:: Records for this task

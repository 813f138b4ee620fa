-- ===== src/Ledger/Posting/Steps.antt =====
-- The two ways that `post_all` of backend/ledger_service/service/posting.py returns.
use cs.Base.{
  ℕ, ◌≡◌, refl, Bool, true, false, List, [], ◌∷◌, Bool-cases, inl, inr, ◌⊎◌, ok, raise_if,
  raise_if-ok, >>=-eq-ok, ok_injective, any, is_ok, sym, ap,
}
use cs.Base.Dict.{Dict}
use cs.Ledger.Rows.{Account, Transaction, Entry, Tables}
use cs.Ledger.Posting.Legs.{Movement, Hashing, has_malformed_drop}
use cs.Ledger.Posting.Floors.{Floor, refuse_overdrafts}
use cs.Ledger.Posting.{
  refuse_if_malformed_batch, has_repeated_key, batch_legs, require_all_balanced, any_key_taken,
  replay_batch, stamp_after_newest, all_accounts_of, built, appended, post_all,
}

module _ (hashing : Hashing) (account : ℕ → Account) (new_id : ℕ → ℕ) (pending : Bool) (now : ℕ)
    (movements : List Movement) (s : Tables) where
  abbrev pub first_stamp : ℕ
  first_stamp = stamp_after_newest s.entries (all_accounts_of (batch_legs movements)) now

  abbrev pub rows : List Transaction × List Entry
  rows = built hashing new_id first_stamp 0 (batch_legs movements)

  pub record Replayed (transactions : List Transaction) (after : Tables) : Type 0 where
    pub taken : any_key_taken s.transactions (batch_legs movements) ≡ true
    pub returned :
        replay_batch hashing s.transactions (batch_legs movements) pending ≡ ok transactions
    pub unchanged : after ≡ s

  pub record Written (transactions : List Transaction) (after : Tables) : Type 0 where
    pub fresh : any_key_taken s.transactions (batch_legs movements) ≡ false
    pub floors : Dict Floor
    pub covered : refuse_overdrafts account s (batch_legs movements) ≡ ok floors
    pub returned : transactions ≡ rows.0
    pub committed : after ≡ appended s rows

  pub record Posted (transactions : List Transaction) (after : Tables) : Type 0 where
    pub formed : refuse_if_malformed_batch account movements ≡ ok tt
    pub balanced : require_all_balanced (batch_legs movements) ≡ ok tt
    pub how : Replayed transactions after ⊎ Written transactions after

  pub post_all-cases :
      {transactions : List Transaction} {after : Tables}
      → post_all hashing account new_id pending now movements s ≡ ok (transactions, after)
      → Posted transactions after
  unfolding post_all
  post_all-cases h =
      let (u, formed, h₁) = >>=-eq-ok (refuse_if_malformed_batch account movements) _ h in
      let (v, balanced, h₂) = >>=-eq-ok (require_all_balanced (batch_legs movements)) _ h₁ in
      record {
        formed = formed;
        balanced = balanced;
        how = elim (Bool-cases (any_key_taken s.transactions (batch_legs movements))) [
          | inl e ↦
              let (replayed, h₃, h₄) =
                >>=-eq-ok (replay_batch hashing s.transactions _ pending) _ (rw e at h₂) in
              let eq = ok_injective h₄ in
              inl (record {
                taken = e;
                returned = rw (sym (ap (λ p. p.0) eq)) h₃;
                unchanged = sym (ap (λ p. p.1) eq);
              })
          | inr e ↦
              let (floors, h₃, h₄) = >>=-eq-ok (refuse_overdrafts account s _) _ (rw e at h₂) in
              let eq = ok_injective h₄ in
              inr (record {
                fresh = e;
                floors = floors;
                covered = h₃;
                returned = sym (ap (λ p. p.0) eq);
                committed = sym (ap (λ p. p.1) eq);
              })
        ];
      }

pub malformed_batch-drops :
    (account : ℕ → Account) (movements : List Movement)
    → refuse_if_malformed_batch account movements ≡ ok tt
    → (has_repeated_key movements ≡ false) × (any (has_malformed_drop account) movements ≡ false)
unfolding refuse_if_malformed_batch
malformed_batch-drops account [] h = absurd cc
malformed_batch-drops account (m ∷ rest) h =
    let (u, once, h₁) = >>=-eq-ok (raise_if (has_repeated_key (m ∷ rest)) _) _ h in
    (raise_if-ok _ _ once, raise_if-ok _ _ h₁)

pub post_all-is_ok :
    (hashing : Hashing) (account : ℕ → Account) (new_id : ℕ → ℕ) (pending : Bool) (now : ℕ)
    (movements : List Movement) (s : Tables) {floors : Dict Floor}
    → refuse_if_malformed_batch account movements ≡ ok tt
    → require_all_balanced (batch_legs movements) ≡ ok tt
    → any_key_taken s.transactions (batch_legs movements) ≡ false
    → refuse_overdrafts account s (batch_legs movements) ≡ ok floors
    → is_ok (post_all hashing account new_id pending now movements s) ≡ true
unfolding post_all
post_all-is_ok hashing account new_id pending now movements s formed balanced fresh covered =
    rw (formed, balanced, fresh, covered) refl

::::

▸ **Try it**: Exact duplication is required for the lines above, from the line that contains "replay_batch hashing s.transactions (batch_legs" to the line that contains "let (u, formed, h₁)", inclusive; omit all others.

▸ **Exercise solution**:
        replay_batch hashing s.transactions (batch_legs movements) pending ≡ ok transactions
    pub unchanged : after ≡ s

  pub record Written (transactions : List Transaction) (after : Tables) : Type 0 where
    pub fresh : any_key_taken s.transactions (batch_legs movements) ≡ false
    pub floors : Dict Floor
    pub covered : refuse_overdrafts account s (batch_legs movements) ≡ ok floors
    pub returned : transactions ≡ rows.0
    pub committed : after ≡ appended s rows

  pub record Posted (transactions : List Transaction) (after : Tables) : Type 0 where
    pub formed : refuse_if_malformed_batch account movements ≡ ok tt
    pub balanced : require_all_balanced (batch_legs movements) ≡ ok tt
    pub how : Replayed transactions after ⊎ Written transactions after

  pub post_all-cases :
      {transactions : List Transaction} {after : Tables}
      → post_all hashing account new_id pending now movements s ≡ ok (transactions, after)
      → Posted transactions after
  unfolding post_all
  post_all-cases h =
      let (u, formed, h₁) = >>=-eq-ok (refuse_if_malformed_batch account movements) _ h in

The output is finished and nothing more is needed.